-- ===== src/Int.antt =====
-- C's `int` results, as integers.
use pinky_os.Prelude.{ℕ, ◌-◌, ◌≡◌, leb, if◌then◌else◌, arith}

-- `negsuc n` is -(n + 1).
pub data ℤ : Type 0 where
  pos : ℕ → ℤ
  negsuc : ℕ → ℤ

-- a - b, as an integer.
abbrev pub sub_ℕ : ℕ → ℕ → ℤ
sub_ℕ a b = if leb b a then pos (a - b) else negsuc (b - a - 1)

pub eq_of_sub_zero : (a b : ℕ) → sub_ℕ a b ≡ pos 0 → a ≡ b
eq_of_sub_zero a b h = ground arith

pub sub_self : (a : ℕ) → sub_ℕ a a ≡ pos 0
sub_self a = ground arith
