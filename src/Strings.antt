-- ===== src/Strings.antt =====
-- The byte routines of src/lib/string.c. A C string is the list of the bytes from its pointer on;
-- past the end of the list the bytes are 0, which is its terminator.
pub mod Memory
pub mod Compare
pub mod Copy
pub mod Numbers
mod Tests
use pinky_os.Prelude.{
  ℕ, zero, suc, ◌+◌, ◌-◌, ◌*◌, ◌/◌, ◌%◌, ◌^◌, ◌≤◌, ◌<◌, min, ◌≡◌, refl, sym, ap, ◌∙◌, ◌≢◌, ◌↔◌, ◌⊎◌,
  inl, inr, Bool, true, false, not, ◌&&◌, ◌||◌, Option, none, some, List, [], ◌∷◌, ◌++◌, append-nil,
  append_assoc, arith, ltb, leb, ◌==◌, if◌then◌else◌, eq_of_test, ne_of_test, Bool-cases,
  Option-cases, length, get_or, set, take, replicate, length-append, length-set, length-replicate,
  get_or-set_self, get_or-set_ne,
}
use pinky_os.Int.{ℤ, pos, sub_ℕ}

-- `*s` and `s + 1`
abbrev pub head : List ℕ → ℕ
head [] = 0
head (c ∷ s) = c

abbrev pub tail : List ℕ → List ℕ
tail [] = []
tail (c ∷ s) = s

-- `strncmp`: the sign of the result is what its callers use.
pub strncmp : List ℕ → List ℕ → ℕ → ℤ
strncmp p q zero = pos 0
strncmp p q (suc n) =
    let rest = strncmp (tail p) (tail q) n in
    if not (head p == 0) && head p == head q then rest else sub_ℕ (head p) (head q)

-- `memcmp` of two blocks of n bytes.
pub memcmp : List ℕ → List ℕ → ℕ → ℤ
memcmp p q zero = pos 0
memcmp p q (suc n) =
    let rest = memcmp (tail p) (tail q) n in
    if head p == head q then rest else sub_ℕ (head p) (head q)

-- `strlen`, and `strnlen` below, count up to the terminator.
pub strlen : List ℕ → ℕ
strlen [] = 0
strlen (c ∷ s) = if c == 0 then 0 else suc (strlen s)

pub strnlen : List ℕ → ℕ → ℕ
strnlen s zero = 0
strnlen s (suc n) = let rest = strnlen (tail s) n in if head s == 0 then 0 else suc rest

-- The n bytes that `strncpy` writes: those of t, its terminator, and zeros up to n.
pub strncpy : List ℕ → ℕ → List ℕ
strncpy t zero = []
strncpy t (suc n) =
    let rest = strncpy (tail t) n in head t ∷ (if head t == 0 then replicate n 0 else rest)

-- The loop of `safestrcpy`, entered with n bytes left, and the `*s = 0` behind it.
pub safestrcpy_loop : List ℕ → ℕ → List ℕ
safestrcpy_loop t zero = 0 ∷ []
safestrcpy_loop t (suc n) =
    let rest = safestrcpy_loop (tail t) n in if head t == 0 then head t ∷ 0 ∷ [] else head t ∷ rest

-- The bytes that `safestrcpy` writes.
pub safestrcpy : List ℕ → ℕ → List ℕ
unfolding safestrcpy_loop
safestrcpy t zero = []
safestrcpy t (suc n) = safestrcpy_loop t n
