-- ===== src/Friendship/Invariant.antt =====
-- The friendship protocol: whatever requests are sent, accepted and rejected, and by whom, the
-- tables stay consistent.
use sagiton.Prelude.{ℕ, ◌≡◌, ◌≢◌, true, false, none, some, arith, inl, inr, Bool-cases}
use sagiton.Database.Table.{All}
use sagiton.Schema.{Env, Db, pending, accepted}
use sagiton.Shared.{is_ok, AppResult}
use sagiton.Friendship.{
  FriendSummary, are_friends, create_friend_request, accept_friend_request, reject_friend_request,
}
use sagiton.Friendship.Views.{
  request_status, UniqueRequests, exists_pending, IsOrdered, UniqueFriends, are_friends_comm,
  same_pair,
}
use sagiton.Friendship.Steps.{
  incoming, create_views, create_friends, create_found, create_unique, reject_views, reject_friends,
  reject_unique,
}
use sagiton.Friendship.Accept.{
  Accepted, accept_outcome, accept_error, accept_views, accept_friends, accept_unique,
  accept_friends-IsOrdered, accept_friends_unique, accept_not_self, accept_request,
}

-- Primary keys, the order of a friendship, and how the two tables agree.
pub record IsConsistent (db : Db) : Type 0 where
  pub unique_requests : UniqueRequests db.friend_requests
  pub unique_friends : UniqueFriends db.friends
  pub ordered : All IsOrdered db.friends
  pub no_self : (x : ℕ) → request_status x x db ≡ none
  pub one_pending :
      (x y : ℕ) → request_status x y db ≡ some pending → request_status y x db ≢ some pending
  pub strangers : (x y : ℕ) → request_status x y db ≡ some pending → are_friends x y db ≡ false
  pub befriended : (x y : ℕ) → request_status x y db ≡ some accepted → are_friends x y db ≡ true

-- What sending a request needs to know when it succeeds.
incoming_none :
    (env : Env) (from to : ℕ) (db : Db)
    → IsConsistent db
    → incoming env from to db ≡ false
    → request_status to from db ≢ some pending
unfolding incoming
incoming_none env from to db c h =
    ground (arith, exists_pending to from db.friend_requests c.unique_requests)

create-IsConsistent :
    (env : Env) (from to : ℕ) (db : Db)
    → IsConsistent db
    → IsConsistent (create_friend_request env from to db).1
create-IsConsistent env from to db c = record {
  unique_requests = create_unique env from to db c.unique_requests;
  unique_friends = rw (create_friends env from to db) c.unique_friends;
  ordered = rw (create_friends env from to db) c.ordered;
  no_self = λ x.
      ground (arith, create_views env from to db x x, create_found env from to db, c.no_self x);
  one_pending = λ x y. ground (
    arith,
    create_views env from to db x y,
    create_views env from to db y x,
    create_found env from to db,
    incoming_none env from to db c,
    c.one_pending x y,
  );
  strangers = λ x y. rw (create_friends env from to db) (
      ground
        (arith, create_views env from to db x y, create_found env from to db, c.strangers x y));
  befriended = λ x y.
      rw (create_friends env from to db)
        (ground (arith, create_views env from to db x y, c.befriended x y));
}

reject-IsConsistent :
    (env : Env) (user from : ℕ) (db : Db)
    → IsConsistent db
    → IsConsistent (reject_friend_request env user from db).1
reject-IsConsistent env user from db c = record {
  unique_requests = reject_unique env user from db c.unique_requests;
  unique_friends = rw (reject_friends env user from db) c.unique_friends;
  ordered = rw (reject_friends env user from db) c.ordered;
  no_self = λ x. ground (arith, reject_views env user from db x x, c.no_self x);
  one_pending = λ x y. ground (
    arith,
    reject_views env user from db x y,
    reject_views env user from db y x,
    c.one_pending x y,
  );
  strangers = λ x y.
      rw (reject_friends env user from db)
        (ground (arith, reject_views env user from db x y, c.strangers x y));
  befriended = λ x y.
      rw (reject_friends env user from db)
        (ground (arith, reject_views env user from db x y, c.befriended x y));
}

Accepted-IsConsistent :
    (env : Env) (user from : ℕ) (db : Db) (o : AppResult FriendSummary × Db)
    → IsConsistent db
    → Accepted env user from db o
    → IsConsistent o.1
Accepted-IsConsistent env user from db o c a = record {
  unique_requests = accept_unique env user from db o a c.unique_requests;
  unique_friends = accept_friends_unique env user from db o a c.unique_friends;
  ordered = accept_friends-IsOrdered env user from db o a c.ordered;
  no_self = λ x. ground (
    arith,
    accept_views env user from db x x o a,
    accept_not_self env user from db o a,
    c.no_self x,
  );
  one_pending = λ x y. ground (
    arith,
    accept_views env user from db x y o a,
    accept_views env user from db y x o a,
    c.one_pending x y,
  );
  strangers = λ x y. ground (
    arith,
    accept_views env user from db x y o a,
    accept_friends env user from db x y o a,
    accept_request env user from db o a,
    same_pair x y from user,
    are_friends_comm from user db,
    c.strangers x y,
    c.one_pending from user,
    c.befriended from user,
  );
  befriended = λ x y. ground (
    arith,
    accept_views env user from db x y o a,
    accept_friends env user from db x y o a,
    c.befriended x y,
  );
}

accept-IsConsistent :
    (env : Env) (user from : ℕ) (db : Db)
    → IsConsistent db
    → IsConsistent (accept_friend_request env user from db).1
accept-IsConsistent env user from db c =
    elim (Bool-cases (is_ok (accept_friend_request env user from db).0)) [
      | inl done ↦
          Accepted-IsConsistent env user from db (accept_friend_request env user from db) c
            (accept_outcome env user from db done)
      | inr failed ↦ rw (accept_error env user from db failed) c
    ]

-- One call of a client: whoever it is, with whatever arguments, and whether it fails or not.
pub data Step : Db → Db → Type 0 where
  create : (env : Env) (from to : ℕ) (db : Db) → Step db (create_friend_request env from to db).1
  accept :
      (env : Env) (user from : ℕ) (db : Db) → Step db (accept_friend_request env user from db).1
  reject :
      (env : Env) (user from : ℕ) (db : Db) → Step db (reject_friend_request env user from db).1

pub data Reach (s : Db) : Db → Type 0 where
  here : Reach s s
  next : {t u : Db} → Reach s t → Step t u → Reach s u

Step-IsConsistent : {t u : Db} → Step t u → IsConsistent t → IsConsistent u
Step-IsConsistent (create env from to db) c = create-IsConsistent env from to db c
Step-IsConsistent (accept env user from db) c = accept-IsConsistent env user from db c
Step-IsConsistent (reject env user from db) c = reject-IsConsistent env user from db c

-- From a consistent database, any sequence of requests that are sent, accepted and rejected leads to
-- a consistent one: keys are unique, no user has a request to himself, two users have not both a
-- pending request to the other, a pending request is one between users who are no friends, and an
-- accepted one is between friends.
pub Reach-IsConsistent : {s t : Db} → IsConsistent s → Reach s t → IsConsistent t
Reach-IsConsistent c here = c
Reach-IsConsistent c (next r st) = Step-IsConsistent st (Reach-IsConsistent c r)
+-------+
Exercise prompt: Among the lines above, repeat exactly those from the line with "unique_requests = accept_unique" to the line with "t → IsConsistent u", counting both ends.

Answer to the exercise:
  unique_requests = accept_unique env user from db o a c.unique_requests;
  unique_friends = accept_friends_unique env user from db o a c.unique_friends;
  ordered = accept_friends-IsOrdered env user from db o a c.ordered;
  no_self = λ x. ground (
    arith,
    accept_views env user from db x x o a,
    accept_not_self env user from db o a,
    c.no_self x,
  );
  one_pending = λ x y. ground (
    arith,
    accept_views env user from db x y o a,
    accept_views env user from db y x o a,
    c.one_pending x y,
  );
  strangers = λ x y. ground (
    arith,
    accept_views env user from db x y o a,
    accept_friends env user from db x y o a,
    accept_request env user from db o a,
    same_pair x y from user,
    are_friends_comm from user db,
    c.strangers x y,
    c.one_pending from user,
    c.befriended from user,
  );
  befriended = λ x y. ground (
    arith,
    accept_views env user from db x y o a,
    accept_friends env user from db x y o a,
    c.befriended x y,
  );
}

accept-IsConsistent :
    (env : Env) (user from : ℕ) (db : Db)
    → IsConsistent db
    → IsConsistent (accept_friend_request env user from db).1
accept-IsConsistent env user from db c =
    elim (Bool-cases (is_ok (accept_friend_request env user from db).0)) [
      | inl done ↦
          Accepted-IsConsistent env user from db (accept_friend_request env user from db) c
            (accept_outcome env user from db done)
      | inr failed ↦ rw (accept_error env user from db failed) c
    ]

-- One call of a client: whoever it is, with whatever arguments, and whether it fails or not.
pub data Step : Db → Db → Type 0 where
  create : (env : Env) (from to : ℕ) (db : Db) → Step db (create_friend_request env from to db).1
  accept :
      (env : Env) (user from : ℕ) (db : Db) → Step db (accept_friend_request env user from db).1
  reject :
      (env : Env) (user from : ℕ) (db : Db) → Step db (reject_friend_request env user from db).1

pub data Reach (s : Db) : Db → Type 0 where
  here : Reach s s
  next : {t u : Db} → Reach s t → Step t u → Reach s u

Step-IsConsistent : {t u : Db} → Step t u → IsConsistent t → IsConsistent u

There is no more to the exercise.